Nilva Teresinha Teixeira

Engenheira agrônoma, doutora em Solos e Nutrição de Plantas e professora do Curso de Engenharia Agronômica do Centro Regional Universitário de Espírito Santo do Pinhal (UNIPINHAL)

nilvatteixeira@yahoo.com.br

 

Deve-se considerar que esta ação das algas na resistência à seca é apenas um aspecto do uso das algas na agricultura - Crédito  Shutterstock
Deve-se considerar que esta ação das algas na resistência à seca é apenas um aspecto do uso das algas na agricultura – Crédito Shutterstock

Em condições de estresse hídrico as plantas produzem altas quantidades de superóxido, radicais hidroxilas, peróxido de hidrogênio (também chamados comumente de radicais livres) que atacam as membranas celulares, provocando a senescência precoce das células, prejudicando o desenvolvimento das plantas, incluindo-se parte aérea e radicular.

Antioxidantes promovem a remoção de tais compostos, protegendo, assim, as plantas. Ainda, para que as plantas respondam convenientemente à falta de água, ou melhor, mostrem mais resistência a tal problema, os mecanismos de retenção de água no vegetal são fundamentais.

Por outro lado, o desenvolvimento pleno do sistema radicular faz com que as plantas aumentem a área de solo explorada, entrando em contato com novas reservas de água.

As algas

As algas marinhas, por viverem em condições ásperas dos mares, contêm em seus organismos antioxidantes que diminuem a toxicidade dos radicais livres. Plantas com altos níveis de antioxidantes apresentam melhor crescimento radicular e de parte aérea, mantendo um alto conteúdo de água nas folhas.

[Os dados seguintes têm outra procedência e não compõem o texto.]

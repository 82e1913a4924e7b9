-- ===== src/Filter/Request/Combined.antt =====
-- What the combined filter of a request means, and that it is never too deep.
use milli.Base.{
  ◌<◌, Bool, true, false, ◌&&◌, ◌||◌, ◌≡◌, refl, List, [], ◌∷◌, Option, none, some, arith, any,
  ◌++◌, sym, ap, subst, not, ◌∙◌,
}
use milli.Base.Results.{Result, ok, err, >>=-eq-ok}
use milli.Filter.{FilterCondition, token_at_depth}
use milli.Filter.Meaning.{View, matches}
use milli.Filter.Depth.{height, token_at_depth-none}
use milli.Filter.Request.{
  Entry, left, right, check_token, check_depth, check_parsed, join_or, join_and, from_str, or_rules,
  entry_filter, and_entries, from_array, max_filter_depth,
}

-- A filter below the depth limit, or none.
abbrev pub Fits : {T : Type 0} → Option (FilterCondition T) → Type 0
Fits none = Unit
Fits (some f) = height f < max_filter_depth

module _ {T E : Type 0} where
  check_token-ok :
      (f : FilterCondition T) (o : Option T) (g : Option (FilterCondition T))
      → token_at_depth f max_filter_depth ≡ o
      → check_token {E = E} f o ≡ ok g
      → (some f ≡ g) × Fits (some f)
  unfolding check_token
  check_token-ok f none g e h = (cc, (token_at_depth-none f max_filter_depth).0 e)
  check_token-ok f (some t) g e h = cc

  check_depth-ok :
      (o g : Option (FilterCondition T)) → check_depth {E = E} o ≡ ok g → (o ≡ g) × Fits o
  unfolding check_depth
  check_depth-ok none g h = (cc, tt)
  check_depth-ok (some f) g h = check_token-ok f (token_at_depth f max_filter_depth) g refl h

module _ {T E R : Type 0} (parse : R → Result E (Option (FilterCondition T))) where
  -- A request's filter is never deeper than the limit.
  pub from_array-Fits :
      (array : List (Entry R)) (g : Option (FilterCondition T))
      → from_array parse array ≡ ok g
      → Fits g
  unfolding from_array
  from_array-Fits array g h =
      let (joined, e, checked) = >>=-eq-ok (and_entries parse array none) check_depth h in
      let (same, fits) = check_depth-ok joined g checked in subst Fits same fits

  from_str-ok :
      (rule : R) (g : Option (FilterCondition T)) → from_str parse rule ≡ ok g → parse rule ≡ ok g
  unfolding from_str
  from_str-ok rule g h = go (parse rule) refl h
    where
      go :
          (r : Result E (Option (FilterCondition T)))
          → parse rule ≡ r
          → check_parsed r ≡ ok g
          → r ≡ ok g
      go (ok f) e k = ap ok (check_depth-ok f g k).0
      go (err x) e k = cc

  -- The trees of the rules that are not blank.
  abbrev pub tree_of : Result E (Option (FilterCondition T)) → List (FilterCondition T)
  tree_of (ok (some f)) = f ∷ []
  tree_of (ok none) = []
  tree_of (err e) = []

  abbrev pub trees : List R → List (FilterCondition T)
  trees [] = []
  trees (rule ∷ rules) = tree_of (parse rule) ++ trees rules

  module _ (d : View T) where
    abbrev is_some : Option (FilterCondition T) → Bool
    is_some none = false
    is_some (some f) = true

    abbrev nonempty : List (FilterCondition T) → Bool
    nonempty [] = false
    nonempty (f ∷ fs) = true

    -- No filter is one that every document matches.
    abbrev pub says : Option (FilterCondition T) → Bool
    says none = true
    says (some f) = matches d f

    abbrev some_says : Option (FilterCondition T) → Bool
    some_says none = false
    some_says (some f) = matches d f

    -- The rules of a `Left` are alternatives, unless all of them are blank.
    abbrev pub any_tree : List (FilterCondition T) → Bool
    any_tree fs = not (nonempty fs) || any (matches d) fs

    abbrev pub entry_says : Entry R → Bool
    entry_says (left rules) = any_tree (trees rules)
    entry_says (right rule) = any_tree (tree_of (parse rule))

    abbrev pub all_say : List (Entry R) → Bool
    all_say [] = true
    all_say (entry ∷ entries) = entry_says entry && all_say entries

    says-join_or :
        (ors f : Option (FilterCondition T))
        → (some_says (join_or ors f) ≡ some_says ors || some_says f)
          × (is_some (join_or ors f) ≡ is_some ors || is_some f)
    unfolding join_or matches
    says-join_or none none = (refl, refl)
    says-join_or none (some f) = (refl, refl)
    says-join_or (some g) none = ground arith
    says-join_or (some g) (some f) = (refl, refl)

    says-join_and :
        (ands f : Option (FilterCondition T)) → says (join_and ands f) ≡ says ands && says f
    unfolding join_and matches
    says-join_and none none = refl
    says-join_and none (some f) = refl
    says-join_and (some g) none = ground arith
    says-join_and (some g) (some f) = refl

    abbrev AddsUp :
        Option (FilterCondition T) → List (FilterCondition T) → Option (FilterCondition T) → Type 0
    AddsUp ors fs g =
        (some_says g ≡ some_says ors || any (matches d) fs)
        × (is_some g ≡ is_some ors || nonempty fs)

    adds_next :
        (ors f g : Option (FilterCondition T)) (fs : List (FilterCondition T))
        → AddsUp (join_or ors f) fs g
        → AddsUp ors (tree_of (ok f) ++ fs) g
    adds_next ors none fs g a = ground (arith, says-join_or ors none)
    adds_next ors (some f) fs g a = ground (arith, says-join_or ors (some f))

    or_rules-AddsUp :
        (rules : List R) (ors g : Option (FilterCondition T))
        → or_rules parse rules ors ≡ ok g
        → AddsUp ors (trees rules) g
    unfolding or_rules
    or_rules-AddsUp [] ors g h = let e : ors ≡ g = cc in rw (← e) (ground arith, ground arith)
    or_rules-AddsUp (rule ∷ rules) ors g h =
        let (f, e, rest) = >>=-eq-ok (from_str parse rule) _ h in
        rw (from_str-ok rule f e)
          (adds_next ors f g (trees rules) (or_rules-AddsUp rules (join_or ors f) g rest))

    entry_filter-says :
        (entry : Entry R) (g : Option (FilterCondition T))
        → entry_filter parse entry ≡ ok g
        → says g ≡ entry_says entry
    unfolding entry_filter
    entry_filter-says (left rules) none h = ground (arith, or_rules-AddsUp rules none none h)
    entry_filter-says (left rules) (some g) h =
        ground (arith, or_rules-AddsUp rules none (some g) h)
    entry_filter-says (right rule) none h = rw (from_str-ok rule none h)
    entry_filter-says (right rule) (some f) h = rw (from_str-ok rule (some f) h) (ground arith)

    and_entries-says :
        (array : List (Entry R)) (ands g : Option (FilterCondition T))
        → and_entries parse array ands ≡ ok g
        → says g ≡ says ands && all_say array
    unfolding and_entries
    and_entries-says [] ands g h = let e : ands ≡ g = cc in rw (← e) (ground arith)
    and_entries-says (entry ∷ entries) ands g h =
        let (f, e, rest) = >>=-eq-ok (entry_filter parse entry) _ h in
        ground (
          arith,
          says-join_and ands f,
          entry_filter-says entry f e,
          and_entries-says entries (join_and ands f) g rest,
        )

    -- A request whose rules all parse and whose filter is not too deep matches the documents that
    -- match every entry of the array: a rule alone, or one of the alternatives of a `Left`. Blank
    -- rules and entries with blank rules only restrict nothing.
    pub from_array-says :
        (array : List (Entry R)) (g : Option (FilterCondition T))
        → from_array parse array ≡ ok g
        → says g ≡ all_say array
    unfolding from_array
    from_array-says array g h =
        let (joined, e, checked) = >>=-eq-ok (and_entries parse array none) check_depth h in
        let same = (check_depth-ok joined g checked).0 in
        sym (ap says same) ∙ and_entries-says array none joined e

As algas contêm, em suas estruturas citocininas, giberelinas e auxinas naturais, que promovem tanto o desenvolvimento radicular como aéreo, por estimularem a divisão celular, o desenvolvimento de meristemas e elongação das células, entre outros aspectos.

Assim, o uso de extratos contendo algas marinhas pode melhorar a resistência à falta de água, pois podem aumentar a resistência da planta aos agentes estressantes produzidos e seu metabolismo ” em resposta ao déficit hídrico ” e, ainda, aumentar o desenvolvimento das raízes.

As algas marinhas são ricas, também, nos carboidratos denominados alginatos, que têm alta capacidade de retenção de água, o que pode auxiliar, mesmo em pequena escala, na melhora da retenção de água no solo. O alginato é um material viscoso e de alta flexibilidade.

Deve-se considerar que esta ação das algas na resistência à seca é apenas um aspecto do uso das algas na agricultura. As recomendações para aplicação vão muito além.

Mais que benefícios

A aplicação de algas deve ser aplicado após a amontoa da batata - Crédito Shutterstock
A aplicação de algas deve ser aplicado após a amontoa da batata – Crédito Shutterstock

As algas são fonte de das vitaminas A, B1, B3, B6, B12, C, D e E e outras substâncias, como aminoácidos, que podem funcionar como bioestimulantes vegetais. O fato das algas contarem com estimulantes naturais, como auxinas (hormônio do crescimento que governa a divisão celular) e giberelina, concorrem para outros benefícios no sistema de produção das plantas, sem contar que favorecem a vida microbiológica do solo.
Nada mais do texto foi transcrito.